• Entries shown:
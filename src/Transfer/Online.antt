-- ===== src/Transfer/Online.antt =====
-- A transfer of src/file_transfer.rs on a session that has completed the handshake.
use marlin_binary_transfer.Common.{
  ℕ, ◌≡◌, refl, Option, none, some, List, [], ◌∷◌, Bool, true, false, arith, leb, Bytes, Checked,
  done, panic, stuck, assert, ◌>>=◌, ◌>>◌, ◌&&◌, length, ap, ◌∙◌,
}
use marlin_binary_transfer.Transfer.Operations.{
  open_payload, drain_events, is_idle, is_negotiated, is_opened, send, query, open_file, write,
  close, abort, poll_outbound, feed, tick, pop_event, poll, handle_ack, on_ack, handle_ascii_line,
  ascii_tail, version_line, version_fields, handle_session_event,
}
use marlin_binary_transfer.Text.{Str, codes, strip_prefix}
use marlin_binary_transfer.Session.State.{
  Session, Event, synced, ack, resend_requested, ascii_line, fatal_error, out_of_sync, timeout,
}
use marlin_binary_transfer.Transfer.State.{
  Compression, FileEvent, State, PendingAscii, FileTransfer, new, pt_query, pt_open, pt_close,
  pt_write, pt_abort, fail, protocol_file_transfer,
}
use marlin_binary_transfer.Session.Reach as SessionReach
use marlin_binary_transfer.Codec.{max_payload}
use marlin_binary_transfer.Session.State as SessionState
use marlin_binary_transfer.Session.Synced.{
  IsSynced, StaysSynced, feed-StaysSynced, tick-StaysSynced, send-StaysSynced,
}
use marlin_binary_transfer.Transfer.Reach.{
  Step, queries, opens, writes, closes, aborts, polls_outbound, feeds, ticks, polls, IsReachable,
  start, next, done_injective, assert-done,
}
use marlin_binary_transfer.Transfer.Sessions.{handle_session_event-session}
use marlin_binary_transfer.Transfer.Panics.{CallOutcome, allows, transfer_no_panic}

-- The handshake is done, and the packets are those of the file-transfer protocol.
pub record IsOnline (ft : FileTransfer) : Type 0 where
  pub synced : IsSynced ft.session
  pub protocol_id : ft.protocol_id ≡ protocol_file_transfer

called :
    (ft after : FileTransfer) (m : Checked Session)
    → ft.protocol_id ≡ protocol_file_transfer
    → StaysSynced m
    → (m >>= λ session. done (record ft { session = session })) ≡ done after
    → IsOnline after
called ft after (done session) p h e =
    rw (done_injective _ after e) at (online (record ft { session = session }) h p)
  where
    online :
        (ft : FileTransfer)
        → IsSynced ft.session
        → ft.protocol_id ≡ protocol_file_transfer
        → IsOnline ft
    online ft h p = record { synced = h; protocol_id = p }
called ft after panic p h e = cc
called ft after stuck p h e = cc

requested :
    (test : Bool) (ft after : FileTransfer) (packet_type : ℕ) (payload : Bytes) (now : ℕ)
    → ft.protocol_id ≡ protocol_file_transfer
    → IsSynced ft.session
    → (assert test >> send ft packet_type payload now) ≡ done after
    → IsOnline after
unfolding send
requested test ft after packet_type payload now p h e =
    called ft after _ p (send-StaysSynced ft.session ft.protocol_id packet_type payload now h)
      (assert-done test _ after e).1

handle_ack-protocol_id : (ft : FileTransfer) → (handle_ack ft).protocol_id ≡ ft.protocol_id
unfolding handle_ack
handle_ack-protocol_id ft = from ft.state ft.pending_ascii
  where
    from :
        (state : State) (pending : Option PendingAscii)
        → (on_ack state pending (record ft { pending_ascii = none })).protocol_id ≡ ft.protocol_id
    from state pending = unfold on_ack fail in ground arith

version_line-protocol_id :
    (state : State) (rest : Str) (ft : FileTransfer)
    → (version_line state rest ft).protocol_id ≡ ft.protocol_id
unfolding version_line version_fields
version_line-protocol_id state rest ft = ground arith

handle_session_event-protocol_id :
    (event : Event) (ft : FileTransfer)
    → (handle_session_event ft event).protocol_id ≡ ft.protocol_id
unfolding handle_session_event handle_ascii_line fail
handle_session_event-protocol_id (ascii_line line) ft =
    from (strip_prefix line (codes "PFT:version:"))
  where
    from : (tail : Option Str) → (ascii_tail tail line ft).protocol_id ≡ ft.protocol_id
    from none = unfold ascii_tail in refl
    from (some rest) = unfold ascii_tail in version_line-protocol_id ft.state rest ft
handle_session_event-protocol_id (ack n) ft = handle_ack-protocol_id ft
handle_session_event-protocol_id (synced max_block_size protocol_version) ft = refl
handle_session_event-protocol_id (resend_requested n) ft = refl
handle_session_event-protocol_id fatal_error ft = refl
handle_session_event-protocol_id (out_of_sync expected got) ft = refl
handle_session_event-protocol_id (timeout sync) ft = refl

drain_events-IsOnline :
    (events : List Event) (ft : FileTransfer) → IsOnline ft → IsOnline (drain_events events ft)
unfolding drain_events
drain_events-IsOnline [] ft o = o
drain_events-IsOnline (event ∷ rest) ft o = drain_events-IsOnline rest _ (record {
  synced =
      ap (λ s. s.is_synced)
        (handle_session_event-session event
          (record ft { session = record (ft.session) { events = rest } }))
      ∙ o.synced;
  protocol_id =
      handle_session_event-protocol_id event
        (record ft { session = record (ft.session) { events = rest } })
      ∙ o.protocol_id;
})

pop_event-IsOnline :
    (events : List FileEvent) (ft : FileTransfer) → IsOnline ft → IsOnline (pop_event events ft).0
unfolding pop_event
pop_event-IsOnline [] ft o = o
pop_event-IsOnline (event ∷ rest) ft o = record { synced = o.synced; protocol_id = o.protocol_id }

pop_outbound-synced :
    (outbound : List Bytes) (s : Session)
    → (SessionState.pop_outbound outbound s).0.is_synced ≡ s.is_synced
unfolding SessionState.pop_outbound
pop_outbound-synced [] s = refl
pop_outbound-synced (bytes ∷ rest) s = refl

-- No call on a transfer undoes the handshake of its session.
pub Step-IsOnline : {ft after : FileTransfer} → Step ft after → IsOnline ft → IsOnline after
unfolding query open_file write close abort feed tick poll poll_outbound
Step-IsOnline (queries {ft} {next = after} compression now e) o =
    requested _ _ after pt_query [] now o.protocol_id o.synced e
Step-IsOnline (opens {ft} {next = after} name dummy now e) o =
    requested _ _ after pt_open _ now o.protocol_id o.synced e
Step-IsOnline (writes {ft} {next = after} chunk now e) o =
    requested _ _ after pt_write chunk now o.protocol_id o.synced e
Step-IsOnline (closes {ft} {next = after} now e) o =
    requested _ _ after pt_close [] now o.protocol_id o.synced e
Step-IsOnline (aborts {ft} {next = after} now e) o =
    requested _ _ after pt_abort [] now o.protocol_id o.synced e
Step-IsOnline (polls_outbound {ft}) o = record {
  synced =
      unfold SessionState.poll_outbound in
      pop_outbound-synced ft.session.outbound ft.session ∙ o.synced;
  protocol_id = o.protocol_id;
}
Step-IsOnline (feeds {ft} {next = after} bytes now e) o =
    called ft after _ o.protocol_id (feed-StaysSynced ft.session bytes now o.synced) e
Step-IsOnline (ticks {ft} {next = after} now e) o =
    called ft after _ o.protocol_id (tick-StaysSynced ft.session now o.synced) e
Step-IsOnline (polls {ft}) o = pop_event-IsOnline _ _ (drain_events-IsOnline ft.session.events ft o)

-- Any number of calls on a transfer, each of which returns.
pub data Calls : FileTransfer → FileTransfer → Type 0 where
  no_call : {ft : FileTransfer} → Calls ft ft
  call : {ft middle after : FileTransfer} → Calls ft middle → Step middle after → Calls ft after

Calls-IsOnline : {ft after : FileTransfer} → Calls ft after → IsOnline ft → IsOnline after
Calls-IsOnline no_call o = o
Calls-IsOnline (call calls step) o = Step-IsOnline step (Calls-IsOnline calls o)

Calls-IsReachable : {ft after : FileTransfer} → Calls ft after → IsReachable ft → IsReachable after
Calls-IsReachable no_call r = r
Calls-IsReachable (call calls step) r = next (Calls-IsReachable calls r) step

abbrev fits : Bytes → Bool
fits payload = leb (length payload) max_payload

allows_lem :
    (in_state : Bool) (ft : FileTransfer) (packet_type : ℕ) (payload : Bytes)
    → leb packet_type 15 ≡ true
    → IsOnline ft
    → allows in_state ft packet_type payload ≡ (in_state && fits payload)
allows_lem in_state ft packet_type payload e o = rw (o.synced, o.protocol_id, e)

allows_empty :
    (in_state : Bool) (ft : FileTransfer) (packet_type : ℕ)
    → leb packet_type 15 ≡ true
    → IsOnline ft
    → allows in_state ft packet_type [] ≡ in_state
allows_empty in_state ft packet_type e o =
    allows_lem in_state ft packet_type [] e o ∙ and_true in_state
  where
    and_true : (b : Bool) → (b && true) ≡ b
    and_true true = refl
    and_true false = refl

-- On a session with a completed handshake, after any calls on a new transfer: a request returns if
-- the transfer is in the state that it asks for and its payload fits a packet, and panics
-- otherwise. The handshake is never a reason to panic.
pub online_requests :
    {session : Session} {ft : FileTransfer} (compression : Compression) (name : Str) (dummy : Bool)
    (chunk : Bytes) (now : ℕ)
    → SessionReach.IsReachable session
    → IsSynced session
    → Calls (new session) ft
    → CallOutcome (is_idle ft.state) (query ft compression now)
      × CallOutcome
          (is_negotiated ft.state && fits (open_payload ft.negotiated_compression name dummy))
          (open_file ft name dummy now)
      × CallOutcome (is_opened ft.state && fits chunk) (write ft chunk now)
      × CallOutcome (is_opened ft.state) (close ft now)
      × CallOutcome (is_opened ft.state) (abort ft now)
online_requests {session} {ft} compression name dummy chunk now r h calls =
    let o : IsOnline ft = Calls-IsOnline calls (record { synced = h; protocol_id = refl }) in
    let (fed, ticked, asked, opened, wrote, closed, aborted) =
      transfer_no_panic compression name dummy chunk [] now (Calls-IsReachable calls (start r)) in
    (
      rw (allows_empty (is_idle ft.state) ft pt_query refl o) at asked,
      rw (allows_lem (is_negotiated ft.state) ft pt_open _ refl o) at opened,
      rw (allows_lem (is_opened ft.state) ft pt_write chunk refl o) at wrote,
      rw (allows_empty (is_opened ft.state) ft pt_close refl o) at closed,
      rw (allows_empty (is_opened ft.state) ft pt_abort refl o) at aborted,
    )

• Your objective: Out of the listing above, reproduce exactly the lines from the one with "from none = unfold ascii_tail in refl" up to and including the one with "handle_session_event-protocol_id (resend_requested n)".

• Solution for this exercise:
    from none = unfold ascii_tail in refl
    from (some rest) = unfold ascii_tail in version_line-protocol_id ft.state rest ft
handle_session_event-protocol_id (ack n) ft = handle_ack-protocol_id ft
handle_session_event-protocol_id (synced max_block_size protocol_version) ft = refl
handle_session_event-protocol_id (resend_requested n) ft = refl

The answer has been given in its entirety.